# Paul to be out at least a month...



## girllovesthegame (Nov 3, 2005)

http://www.newsok.com/article/2992189/?print=1

http://sports.espn.go.com/nba/news/story?id=2714043


----------



## supermati (Mar 28, 2005)

Oh my god, well there officially goes our season.

Any good sg prospects we can pick up? 

Or FA, how much cap do we got?


----------



## bee-fan (Nov 4, 2006)

I was never for tanking the season, but now we won't have a choice. I'm speechless...


----------



## girllovesthegame (Nov 3, 2005)

bee-fan said:


> I was never for tanking the season, but now we won't have a choice. I'm speechless...


I know what you mean bee-fan. Might as well go all the way now. LOL! I was thinking we may end up with another 18-64 season but at this rate, the Hornets may not even make it to 18.

I thought for certain he'd be out 7 games tops but now it's a month. AT LEAST a month. I don't expect them to win any games without him.


----------



## supermati (Mar 28, 2005)

Play the rookies!


----------



## girllovesthegame (Nov 3, 2005)

supermati said:


> Play the rookies!


I agree. The rookies really need more PT. What have they got to lose? 

Also, they should put another game on TNT next week. The Hornets will be destroyed. They should replace the Hornets game with the Indiana/Dallas game. But then again, the time frame won't allow that. I remember during the 18-64 season, the Hornets were doing so bad, there was one game that was to be televised and they replaced it with another game.


----------



## bee-fan (Nov 4, 2006)

I would love for him to play the rookies. I missed the chance of seeing Marcus play the other night. I don't think we'll have an 18 win team. I believe towards the end of the season when everyone get healthy, the Hornets will make a serious run. Unfortunately, it'll be too late.


----------



## girllovesthegame (Nov 3, 2005)

bee-fan said:


> I would love for him to play the rookies. I missed the chance of seeing Marcus play the other night. I don't think we'll have an 18 win team. I believe towards the end of the season when everyone get healthy, the Hornets will make a serious run. Unfortunately, it'll be too late.

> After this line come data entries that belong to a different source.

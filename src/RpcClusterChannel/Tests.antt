-- ===== src/RpcClusterChannel/Tests.antt =====
-- Runs of a client of src/RpcClusterChannel.cpp.
use my_rpc_project.Base.{
  ℕ, zero, suc, length, ◌+◌, inl, ◌++◌, ◌≢◌, ◌*◌, ◌≤◌, ◌≡◌, refl, true, false, List, [], ◌∷◌, none,
  some, get_elem?, arith,
}
use my_rpc_project.Base.Maps.{find, insert}
use my_rpc_project.Protocol.{Status}
use my_rpc_project.CircuitBreaker.{
  is_available, allow_request, count_last, decide, drop_old, is_open, last_is_old, on_error,
  on_success, record_outcome, roll_window, tally, trips,
}
use my_rpc_project.Retry.{
  RetryOptions, default_options, jitter_backoff, refund, reset, should_retry, try_consume,
}
use my_rpc_project.LocalRegistry.{InstanceInfo, LocalRegistry, lookup}
use my_rpc_project.RpcClusterChannel.{
  add_instance, find_instance, instance_for, set_retry_options, is_at, same_text, Instance,
  new_cluster, default_breaker, discover,
}
use my_rpc_project.RpcClusterChannel.Attempts.{
  complete, fail, fail_call, finish, modify_call, on_answer, on_hedge, open_from, recover, retry_if,
  send_to, set_breaker, set_budget, set_status, sleep, succeed, target, dispatch, arm_hedge,
  attempt_once, call_async, breaker_of, states_from, choose_index, first_healthy, is_usable, Call,
  Client, Round,
}
use my_rpc_project.RpcClusterChannel.Events.{
  Event, calls, answers, wakes, hedges, adds, configures, step, run, new_client,
}
use my_rpc_project.RpcClusterChannel.Ledger.{open_of}
use my_rpc_project.RpcClusterChannel.Completion.{run-completes}
use my_rpc_project.RpcClusterChannel.Requests.{requests_of, run-requests}
use my_rpc_project.RpcClusterChannel.Hedging.{hedge_ends_call}
use my_rpc_project.RpcClusterChannel.Membership.{Follows, Extends, AreGone, discover-Follows}

-- All channels are well.
abbrev fine : Round ℕ
fine = record {
  now = 100;
  is_healthy = λ c. true;
  inflight_count = λ c. 0;
  latency_ema_ms = λ c. 0;
  full_weight = 1;
  pick = none;
  over_threshold = λ errors total. false;
  admits = λ working total. false;
  rand = 0;
  backoff_rand = 500;
}

abbrev two_attempts : RetryOptions
two_attempts = record default_options { max_attempts = 2; hedge_after_ms = 20 }

-- A call whose first attempt and backup are lost; the retry of the first is answered.
abbrev events : List (Event ℕ)
events =
    configures two_attempts
    ∷ adds (1 ∷ []) 80
    ∷ adds (2 ∷ []) 80
    ∷ calls true 7 fine
    ∷ hedges 0 fine
    ∷ answers 0 Status.unknown fine
    ∷ wakes 0 fine
    ∷ answers 1 Status.ok fine
    ∷ []

abbrev answered : Call
answered = record {
  idempotent = true;
  request_key = 7;
  status = Status.ok;
  completed = true;
  done = 1;
}

run-events : find 0 (run new_client events).calls ≡ some answered
unfolding run step find insert complete fail fail_call finish modify_call on_answer on_hedge
    open_from recover retry_if send_to set_breaker set_budget set_status sleep succeed target
    dispatch arm_hedge attempt_once call_async breaker_of states_from choose_index first_healthy
    is_usable add_instance find_instance instance_for set_retry_options is_at same_text is_available
    allow_request count_last decide drop_old is_open last_is_old on_error on_success record_outcome
    roll_window tally trips jitter_backoff refund reset should_retry try_consume
run-events = refl

run-completes_example :
    (answered.done ≤ 1) × (open_of (run new_client events) 0 ≡ 0 → answered.done ≡ 1)
run-completes_example = run-completes events 0 answered run-events

run-requests_example : requests_of 0 (run new_client events).requests ≤ 2 * 3
run-requests_example =
    run-requests 3 events 0 (omega arith)
      (omega arith, (tt, (tt, (tt, (tt, (tt, (tt, (tt, tt))))))))

abbrev waiting : Call
waiting = record {
  idempotent = true;
  request_key = 7;
  status = Status.ok;
  completed = false;
  done = 0;
}

-- One instance, whose channel has the first attempt of a call; one attempt is allowed.
abbrev lonely : Client
lonely = record new_client {
  cluster = record new_cluster {
    instances = record { host = 1 ∷ []; port = 80; channel = 0 } ∷ [];
    breakers = default_breaker ∷ [];
    retry_options = record default_options { max_attempts = 1; hedge_after_ms = 20 };
  };
  calls = (0, waiting) ∷ [];
  sent = record { call = 0; number = 1; channel = 0; options = default_options } ∷ [];
  hedges = record { call = 0; first_index = 0 } ∷ [];
}

hedge_ends_call_example :
    let t = step lonely (hedges 0 fine) in
    (find 0 t.calls ≡ some (record waiting { status = Status.unknown; completed = true; done = 1 }))
    × (t.sent ≡ lonely.sent)
hedge_ends_call_example =
    hedge_ends_call fine lonely 0 0 (record { call = 0; first_index = 0 }) waiting
      (record { host = 1 ∷ []; port = 80; channel = 0 }) refl (unfold find in refl) refl alone refl
      (unfold is_open breaker_of in refl) (inl (omega arith))
  where
    alone :
        (j : ℕ) (i : Instance)
        → get_elem? lonely.cluster.instances j ≡ some i
        → 0 + j ≢ 0
        → fine.is_healthy i.channel ≡ false
    alone zero i e other = absurd (other refl)
    alone (suc j) i e other = absurd (grind arith)

-- A registry with one instance, and a cluster with another one.
abbrev info : InstanceInfo
info = record { service = 4; host = 2 ∷ []; port = 80; instance_id = 1 }

abbrev registry : LocalRegistry
registry = record {
  services =
      (
        4,
        record {
          instances = (1, record { info = info; lease_deadline = 90; lease_ms = 50 }) ∷ [];
          watchers = [];
          version = 1;
        },
      )
      ∷ [];
  notified = [];
}

discover-Follows_example :
    let found = (lookup registry 4 60).0 in
    let d = (discover registry lonely.cluster 4 9 60).1 in
    Follows lonely.cluster.instances
      (length lonely.cluster.breakers)
      (length d.breakers)
      found
      d.instances
    × Extends lonely.cluster.breakers d.breakers
    × (gone : List ℕ) × (d.stopped ≡ lonely.cluster.stopped ++ gone)
    × AreGone found lonely.cluster.instances gone
discover-Follows_example = discover-Follows registry lonely.cluster 4 9 60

I really think Marcus is a good player but he just needs more PT. I would love to see what he can do in an entire quarter.


----------



## Geaux Tigers (Apr 26, 2004)

This years draft is STACKED. Sit him for 4 months! :laugh:


----------



## G-Force (Jan 4, 2005)

Wow, at least a month? I was at that game in Seattle and witnessed his injury. This has been a tough season for injuries all around the NBA.​


----------



## PFortyy (May 31, 2006)

how unlucky can one team get...


----------



## supermati (Mar 28, 2005)

ronna_meade21 said:


> how unlucky can one team get...


Maybe it's our destiny, so we can draft big and have a hell of a team ready for next year.


----------



## Aussie_Baller (Nov 6, 2006)

Im not surprised that hes injury was worse than the Hornets predicted, wasnt West only meant to be out for 2-4 games as well?

There goes our season. Bye-bye playoffs.


----------



## Geaux Tigers (Apr 26, 2004)

This reminds me of that team that lost Baron Davis, Jammal Mashburn, and Jammal Magloire all in the same season.


----------



## Rids (Dec 5, 2006)

Where do you think the Hornets would be with a healthy squad right now?


----------



## Diable (Apr 26, 2005)

When this team was healthy they looked like a lock for the playoffs,but that didn't last long.West has missed close to 20 games and I hate to think about the rest.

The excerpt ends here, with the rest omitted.